WebOzy: the web services company
liveBatavia: connecting local people to local business

I've got a great hit rate

Media Crumb's picture

I've got a great hit rate with APC (or so it seems) and memcached looks to be running fine. I"m currently on PressFlow D6. I'll see if DBtuner can help.

As for innodb are the improvements that great? Is it easy to change over my esisting db? Thanks so much for the help

http://i.minus.com/iuFc661sfEUff.jpg <-- link to apc

http://i.minus.com/iXRt9Ak9LbYta.jpg <-- link to mem

Awesome

Eidolon Night's picture

APC and memcache look great. I like the site. I have actually worked on a few gaming-related sites so I am familiar with the performance woes. You're using Advanced Forum and seem to have regular posters so, yes, innodb will a nice performance boost. I know there is a module that'll switch over all your tables... or at least I thought there was. It might actually be bundled into the db tuner module. You can also check out http://drupal.org/project/db_maintenance

When you check the performance times, are you using a regular user or your admin account?
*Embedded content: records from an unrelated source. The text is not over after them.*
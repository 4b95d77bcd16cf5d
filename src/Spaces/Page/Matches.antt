-- ===== src/Spaces/Page/Matches.antt =====
-- The search for a text in a page (`split` and `indexOf` in src/spaces/page/page-input.ts).
use gomer.Base.{
  ℕ, ◌≡◌, refl, Bool-cases, Option-cases, inl, inr, none, some, Option, [], ◌∷◌, ◌++◌, arith, ◌==◌,
  ap, ◌∙◌, sym, ◌-◌, false, ◌≤◌, suc, length, ==_refl,
}
use gomer.Spaces.Page.{Units, strip, cut, matches_from, after_unit, is_empty}

pub strip-eq : (f s rest : Units) → strip f s ≡ some rest → s ≡ f ++ rest
unfolding strip
strip-eq [] s rest e = cc
strip-eq (c ∷ f) [] rest e = cc
strip-eq (c ∷ f) (d ∷ s) rest e = elim (Bool-cases (c == d)) [
  | inr other ↦ cc (rw (other, strip) at e)
  | inl same ↦
      let units : c ≡ d = ground arith in let tail = strip-eq f s rest (rw (same, strip) at e) in cc
]

after_unit-some :
    (c : ℕ) (o : Option (Units × Units)) (before after : Units)
    → after_unit c o ≡ some (before, after)
    → (b : Units) × (before ≡ c ∷ b) × (o ≡ some (b, after))
after_unit-some c none before after e = cc
after_unit-some c (some (b, a)) before after e = (b, cc, cc)

-- The match that is cut out stands in the text, with what is before and after it.
pub cut-eq :
    (f s before after : Units) → cut f s ≡ some (before, after) → s ≡ before ++ (f ++ after)
unfolding cut
cut-eq f [] before after e = elim (Option-cases (strip f [])) [
  | inl missing ↦ cc (rw (missing, cut) at e)
  | inr (rest, here) ↦
      let split = strip-eq f [] rest here in
      let ends = rw (here, cut) at e in
      let first : before ≡ [] = cc in let last : rest ≡ after = cc in rw (first, ← last) split
]
cut-eq f (c ∷ s) before after e = elim (Option-cases (strip f (c ∷ s))) [
  | inl missing ↦
      let (b, starts, tail) = after_unit-some c (cut f s) before after (rw (missing, cut) at e) in
      let rest = cut-eq f s b after tail in rw (starts) (ap (λ (u : Units). c ∷ u) rest)
  | inr (rest, here) ↦
      let split = strip-eq f (c ∷ s) rest here in
      let ends = rw (here, cut) at e in
      let first : before ≡ [] = cc in let last : rest ≡ after = cc in rw (first, ← last) split
]

after_unit-none : (c : ℕ) (o : Option (Units × Units)) → after_unit c o ≡ none → o ≡ none
after_unit-none c none e = refl
after_unit-none c (some (b, a)) e = cc

-- A text that matches somewhere is found.
pub cut-found : (f s : Units) → cut f s ≡ none → matches_from f 0 s ≡ 0
unfolding cut matches_from
cut-found f [] e = refl
cut-found f (c ∷ s) e = elim (Option-cases (strip f (c ∷ s))) [
  | inl missing ↦
      rw (missing, matches_from)
        (cut-found f s (after_unit-none c (cut f s) (rw (missing, cut) at e)))
  | inr (rest, here) ↦ cc (rw (here, cut) at e)
]

-- A text stands somewhere in another.
abbrev pub Occurs : Units → Units → Type 0
Occurs f s = (b : Units) × (a : Units) × (s ≡ b ++ (f ++ a))

strip-append : (f a : Units) → strip f (f ++ a) ≡ some a
unfolding strip
strip-append [] a = refl
strip-append (c ∷ f) a = rw (==_refl c, strip) (strip-append f a)

unit_inj : (c d : ℕ) (s t : Units) → c ∷ s ≡ d ∷ t → (c ≡ d) × (s ≡ t)
unit_inj c d s t e = (cc, cc)

strip-occurs : (f s a : Units) → s ≡ f ++ a → strip f s ≡ some a
strip-occurs f s a e = rw e (strip-append f a)

-- Where nothing is counted the text does not stand.
pub matches_from-zero : (f s : Units) → is_empty f ≡ false → matches_from f 0 s ≡ 0 → Occurs f s → ⊥
unfolding matches_from
matches_from-zero [] s full e o = cc
matches_from-zero (c ∷ f) [] full e ([], a, there) = cc
matches_from-zero (c ∷ f) [] full e (x ∷ b, a, there) = cc
matches_from-zero (c ∷ f) (d ∷ s) full e ([], a, there) =
    let here = strip-occurs (c ∷ f) (d ∷ s) a there in cc (rw (here, matches_from) at e)
matches_from-zero (c ∷ f) (d ∷ s) full e (x ∷ b, a, there) =
    elim (Option-cases (strip (c ∷ f) (d ∷ s))) [
      | inr (rest, here) ↦ cc (rw (here, matches_from) at e)
      | inl missing ↦
          matches_from-zero (c ∷ f) s refl (rw (missing, matches_from) at e)
            (b, a, (unit_inj d x s (b ++ (c ∷ f ++ a)) there).1)
    ]

-- The units of a match are passed over.
matches_from-append : (f p s : Units) → matches_from f (length p) (p ++ s) ≡ matches_from f 0 s
unfolding matches_from
matches_from-append f [] s = refl
matches_from-append f (c ∷ p) s = matches_from-append f p s

no_start : (c : ℕ) (f : Units) → cut (c ∷ f) [] ≡ none
unfolding cut
no_start c f = refl

-- The match that is cut out is the first that is counted; the others are after it.
pub cut-matches :
    (f s before after : Units)
    → is_empty f ≡ false
    → cut f s ≡ some (before, after)
    → matches_from f 0 s ≡ suc (matches_from f 0 after)
unfolding cut matches_from
cut-matches [] s before after full e = cc
cut-matches (c ∷ f) [] before after full e = cc (sym (no_start c f) ∙ e)
cut-matches (c ∷ f) (d ∷ s) before after full e = elim (Option-cases (strip (c ∷ f) (d ∷ s))) [
  | inl missing ↦
      let (b, starts, tail) =
        after_unit-some d (cut (c ∷ f) s) before after (rw (missing, cut) at e) in
      rw (missing, matches_from) (cut-matches (c ∷ f) s b after refl tail)
  | inr (rest, here) ↦
      let whole = strip-eq (c ∷ f) (d ∷ s) rest here in
      let ends = rw (here, cut) at e in
      let last : rest ≡ after = cc in
      let tail : s ≡ f ++ after =
        (unit_inj d c s (f ++ rest) whole).1 ∙ ap (λ (u : Units). f ++ u) last in
      let skipped : matches_from (c ∷ f) (length f) s ≡ matches_from (c ∷ f) 0 after =
        ap (matches_from (c ∷ f) (length f)) tail ∙ matches_from-append (c ∷ f) f after in
      let less : length (c ∷ f) - 1 ≡ length f = omega arith in
      rw (here, matches_from) (ap (λ (k : ℕ). suc (matches_from (c ∷ f) k s)) less ∙ ap suc skipped)
]

-- No match begins before the one that is cut out.
pub cut-first :
    (f s before after b a : Units)
    → cut f s ≡ some (before, after)
    → s ≡ b ++ (f ++ a)
    → length before ≤ length b
unfolding cut
cut-first f [] before after b a e there = elim (Option-cases (strip f [])) [
  | inl missing ↦ cc (rw (missing, cut) at e)
  | inr (rest, here) ↦
      let ends = rw (here, cut) at e in let first : before ≡ [] = cc in rw first (omega arith)
]
cut-first f (d ∷ s) before after [] a e there =
    let here = strip-occurs f (d ∷ s) a there in
    let ends = rw (here, cut) at e in let first : before ≡ [] = cc in rw first (omega arith)
cut-first f (d ∷ s) before after (x ∷ b) a e there = elim (Option-cases (strip f (d ∷ s))) [
  | inr (rest, here) ↦
      let ends = rw (here, cut) at e in let first : before ≡ [] = cc in rw first (omega arith)
  | inl missing ↦
      let (c, starts, tail) = after_unit-some d (cut f s) before after (rw (missing, cut) at e) in
      let shorter = cut-first f s c after b a tail (unit_inj d x s (b ++ (f ++ a)) there).1 in
      rw starts (omega (arith, shorter))
]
Admin users bypass certain caches and I've seen admin menu do strange things to load times. So when you're running tests, make sure you use a regular authenticated user.

If you have devel installed, can you post the page execution, query number, and query time for a normal user? That's usually where I get started.

On a side note for later, definitely check out https://www.cloudflare.com I use them for all my clients, but they especially shine on image-heavy gaming sites, photography sites, etc. Saves your server bandwidth and keeps it from having to process every single request.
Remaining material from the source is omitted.